Stadtgeschichte


Die Geschichte Sètes in wenigen Worten
 

Die ersten Spuren einer menschlichen Besiedelung
in Sète gehen auf die Bronzezeit (1100-800 v.Chr) zurück.
1973 wurden die Überreste entdeckt, sie befinden sich 2 Meter unter der Wasseroberfläche der Lagune von Thau am Rande des Viertels Barrou.
Spuren dieser Besiedelung findet man auf Karten aus dem 18. Jahrhundert.
Nach der Eroberung Galliens durch die Römer und während der Herrschaft des römischen Imperiums wurde das Gebiet wiederum besiedelt.
Im Zuge der Kommerzialisierung der Kulturvölker des Mittelmeers wie Sizilien, Griechenland und Italien war Sète ein wichtiger geografischer Standort.
Schon seit der Antike war dieser Hügel ein Unterschlupf für Seefahrer und wurde bis zur Gründung des Hafens im 17. Jahrhundert.

Bis zum Ende des 17. Jahrhunderts war der Hügel des Mont St. Clair nur sehr schwach besiedelt. Lediglich einige Fischer aus den Nachbardörfern kamen hierher, um Fischfang in der Lagune zu betreiben. Der heutige Mont St.Clair war außerdem über viele Jahre ein Schlupfwinkel für Piraten und Korsaren, auch der berühmte Pirat Barbarossa hatte bei seinen Raubzügen hier einen Stützpunkt.
 
Bevor damit begonnen wurde, die Produkte des Languedocs zu exportieren, wurde das Projekt eines Hafenbaus in Erwägung gezogen.
Am 23. Juli 1596 beschloss Heinrich IV die Errichtung eines Hafens, jedoch wurde das Projekt aus verschiedenen Gründen nicht umgesetzt.
Unter Ludwig XIV und dank der Initiative seines Ministers Colbert begannen dann schließlich die Arbeiten. 
 
Mit Beginn des 18. 
Jahrhunderts entstanden auf dem Hügel nach und nach neben den Hütten viele kleine Trockenmauergebäude aus Natursteinen, genannt "barraquettes".

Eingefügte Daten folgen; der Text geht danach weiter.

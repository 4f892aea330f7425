-- ===== src/Group/View.antt =====
-- What a group stands for: its white list, and the one list of its gray, black and free (green)
-- objects in that order. `IsGroup` says that the fields, the links, the colors and the counts of
-- a group represent such lists.
use rtgc.Common.{ℕ, ◌+◌, ◌≡◌, ◌≢◌, ◌⊎◌, List, [], ◌++◌, length, head_or, last_or}
use rtgc.InfoBits.{Mem, Ptr, gray, green}
use rtgc.Chain.{AreNodes, IsChain, AllColor}
use rtgc.Group.{Group, GroupState}

pub record View : Type 0 where
  pub whites : List Ptr
  pub grays : List Ptr
  pub blacks : List Ptr
  pub greens : List Ptr

abbrev pub view : (whites grays blacks greens : List Ptr) → View
view w x y z = record { whites = w; grays = x; blacks = y; greens = z }

-- The objects from `gray` or `black` to `last`.
abbrev pub main : View → List Ptr
main v = v.grays ++ (v.blacks ++ v.greens)

-- `black` is the first object behind the gray ones, or the last gray one.
abbrev pub BlackAt : Ptr → View → Type 0
BlackAt b v =
    ((b ≡ head_or (v.blacks ++ v.greens) 0) × (b ≡ 0 → v.grays ≡ []))
    ⊎ ((b ≡ last_or 0 v.grays) × (v.grays ≢ []))

-- `gray` is NULL until an object turns gray, and from then on the first object.
abbrev pub GrayAt : Ptr → View → Type 0
GrayAt g v = ((g ≡ 0) × (v.grays ≡ [])) ⊎ ((g ≡ head_or (v.grays ++ v.blacks) 0) × (g ≢ 0))

-- The fields of a group that point into its lists.
pub record IsFields (g : Group) (v : View) : Type 0 where
  pub white : g.white ≡ head_or v.whites 0
  pub free : g.free ≡ head_or v.greens 0
  pub last : g.last ≡ last_or 0 (main v)
  pub black : BlackAt g.black v
  pub gray : GrayAt g.gray v

-- The links and colors of the objects.
pub record IsLinked (marked_color unmarked_color : ℕ) (m : Mem) (v : View) : Type 0 where
  pub nodes : AreNodes (v.whites ++ main v)
  pub white_chain : IsChain m 0 v.whites 0
  pub main_chain : IsChain m 0 (main v) 0
  pub white_color : AllColor m unmarked_color v.whites
  pub gray_color : AllColor m gray v.grays
  pub black_color : AllColor m marked_color v.blacks
  pub green_color : AllColor m green v.greens

pub record IsGroup (marked_color unmarked_color : ℕ) (s : GroupState) (v : View) : Type 0 where
  pub fields : IsFields s.group v
  pub white_count : s.group.white_count ≡ length v.whites
  pub black_count : s.group.black_scanned_count + s.group.black_alloc_count ≡ length v.blacks
  pub linked : IsLinked marked_color unmarked_color s.mem v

Es entwickelte sich die Tradition, dass die Familien aus Sète sonntags die Hänge des Hügels hinaufwanderten, um dort oben den Tag zu verbringen. 

 
Diese Institution mit ihren Traditionen, ihren Geschichten und ihren Ritualen kann man sich heute vergegenwärtigen, wenn man Bilder der "Sänger der Baraquettes" betrachtet.